US 12,266,150 B2
	Automatically generating training data sets for object recognition
Dehua Cui, Redmond, WA (US); Albert Thambiratnam, Redmond, WA (US); Ming Zhong, Redmond, WA (US); and Wenhui Zhang, Redmond, WA (US)
Assigned to Microsoft Technology Licensing, LLC, Redmond, WA (US)
Appl. No. 17/292,882
Filed by Microsoft Technology Licensing, LLC, Redmond, WA (US)
PCT Filed Dec. 12, 2018, PCT No. PCT/CN2018/120733 § 371(c)(1), (2) Date May 11, 2021, PCT Pub. No. WO2020/118584, PCT Pub. Date Jun. 18, 2020.
Prior Publication US 2021/0406595 A1, Dec. 30, 2021
Int. Cl.
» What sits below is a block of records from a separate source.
-- ===== src/Job/Queue/Retry.antt =====
-- src/job/memory.rs: `retry`, which puts a finished job back among the waiting ones.
use Prim.Native.String.{String}
use lane.Prelude.{ℕ, Bool, ◌||◌, Option, none, some, [], if◌then◌else◌}
use lane.Error.{Result, ok, err, job_state_conflict, ◌>>◌}
use lane.Job.{
  Job, JobEnv, JobState, waiting, completed, failed, same_state, deduplication_expiration, cannot,
  owner_active, repeat_active, Message,
}
use lane.Job.Queue.{JobQueue, write, with_job, checked, emit, next_waiting_sequence}
use lane.Job.Queue.Records.{job_deduplication_id, without_owner}
use lane.Job.Queue.Flow.Parents.{restore_parent_dependency_after_child_retry}
use lane.Job.Queue.Dedup.{find_active_deduplication_id_except, find_active_repeat_key_except}

module _ (env : JobEnv) where
  open env use {F, V, text}

  abbrev pub retried : ℕ → ℕ → Job F V → Job F V
  retried sequence now job = record job {
    state = waiting;
    scheduled_at = now;
    deduplication_expires_at = deduplication_expiration env job.options now;
    processed_at = none;
    finished_at = none;
    worker_id = none;
    lock_token = none;
    lease_expires_at = none;
    deferred_failure = none;
    failed_reason = none;
    return_value = none;
    enqueued_seq = sequence;
  }

  abbrev pub is_finished : JobState → Bool
  is_finished state = same_state state failed || same_state state completed

  abbrev pub refused_by : Option (Job F V) → (Job F V → Message) → Result (Unit {0})
  refused_by none message = ok tt
  refused_by (some other) message = err (job_state_conflict (text (message other)))

  abbrev pub free_id : String → ℕ → JobQueue F V → Option String → Result (Unit {0})
  free_id id now q none = ok tt
  free_id id now q (some deduplication_id) =
      refused_by
        (find_active_deduplication_id_except q.jobs q.released_deduplication_owners deduplication_id
          id now)
        (λ other. owner_active id deduplication_id other.id)

  abbrev pub free_key : String → JobQueue F V → Option String → Result (Unit {0})
  free_key id q none = ok tt
  free_key id q (some key) =
      refused_by (find_active_repeat_key_except q.jobs key id)
        (λ other. repeat_active id key other.id)

  abbrev pub require_finished : Job F V → Result (Unit {0})
  require_finished job =
      if is_finished job.state
      then ok tt
      else err (job_state_conflict (text (cannot "retry" job.id job.state)))

  abbrev pub restore_parent : Option String → String → ℕ → JobQueue F V → JobQueue F V
  restore_parent none id now q = q
  restore_parent (some parent) id now q =
      restore_parent_dependency_after_child_retry parent id now q

  unfoldable pub retry : String → ℕ → JobQueue F V → Result (Job F V) × JobQueue F V
  unfolding next_waiting_sequence find_active_deduplication_id_except find_active_repeat_key_except
      emit job_deduplication_id restore_parent_dependency_after_child_retry
  retry id now q = with_job id q (λ job.
      let sequence = next_waiting_sequence q.sequence in
      let job' = retried sequence now job in
      checked
        (require_finished job
          >> free_id id now q (job_deduplication_id job)
          >> free_key id q job.repeat_key)
        q
        (
          ok job',
          restore_parent job.parent_id id now (
              emit "waiting" (some job'.id) (some job.state) now [] (
                write id job' (record q {
                  sequence = sequence;
                  released_deduplication_owners =
                      without_owner (job_deduplication_id job) id q.released_deduplication_owners;
                }))),
        ))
G06V 10/764 (2022.01); G06F 18/20 (2023.01); G06F 18/214 (2023.01); G06F 18/23 (2023.01); G06F 18/25 (2023.01); G06N 5/02 (2023.01); G06V 10/82 (2022.01); G06V 20/62 (2022.01); G06V 40/16 (2022.01)

CPC G06V 10/764 (2022.01) [G06F 18/214 (2023.01); G06F 18/23 (2023.01); G06F 18/251 (2023.01); G06F 18/29 (2023.01); G06N 5/02 (2013.01); G06V 10/82 (2022.01); G06V 20/62 (2022.01); G06V 40/16 (2022.01)]

17 Claims

1. A method for automatically generating a training data set for object recognition, comprising:

obtaining profile information for a plurality of objects; and

for each object from the plurality of objects:

collecting a group of initial images associated with the object based on an identity information of the object included in the profile information of the object;

filtering the group of initial images to obtain a group of filtered images associated with the object, wherein filtering the group of initial images further comprises, for each initial image:

calculating a first relevance score based on a similarity between the initial image and an image in the profile information of the object;

calculating a second relevance score based on a similarity between a description of the initial image and a description of the image in the profile information of the object;

determining that the initial image is a noisy image based on the first relevance score and the second relevance score; and

removing the initial image from the group of initial images in response to the determining that the initial image is a noisy image;

generating a group of training data pairs corresponding to the object by labeling each of the group of filtered images with the identity information of the object;

adding the group of training data pairs into the training data set; and

training an image recognition model based on the training data set, wherein the trained image recognition model is configured to perform image recognition for an input image.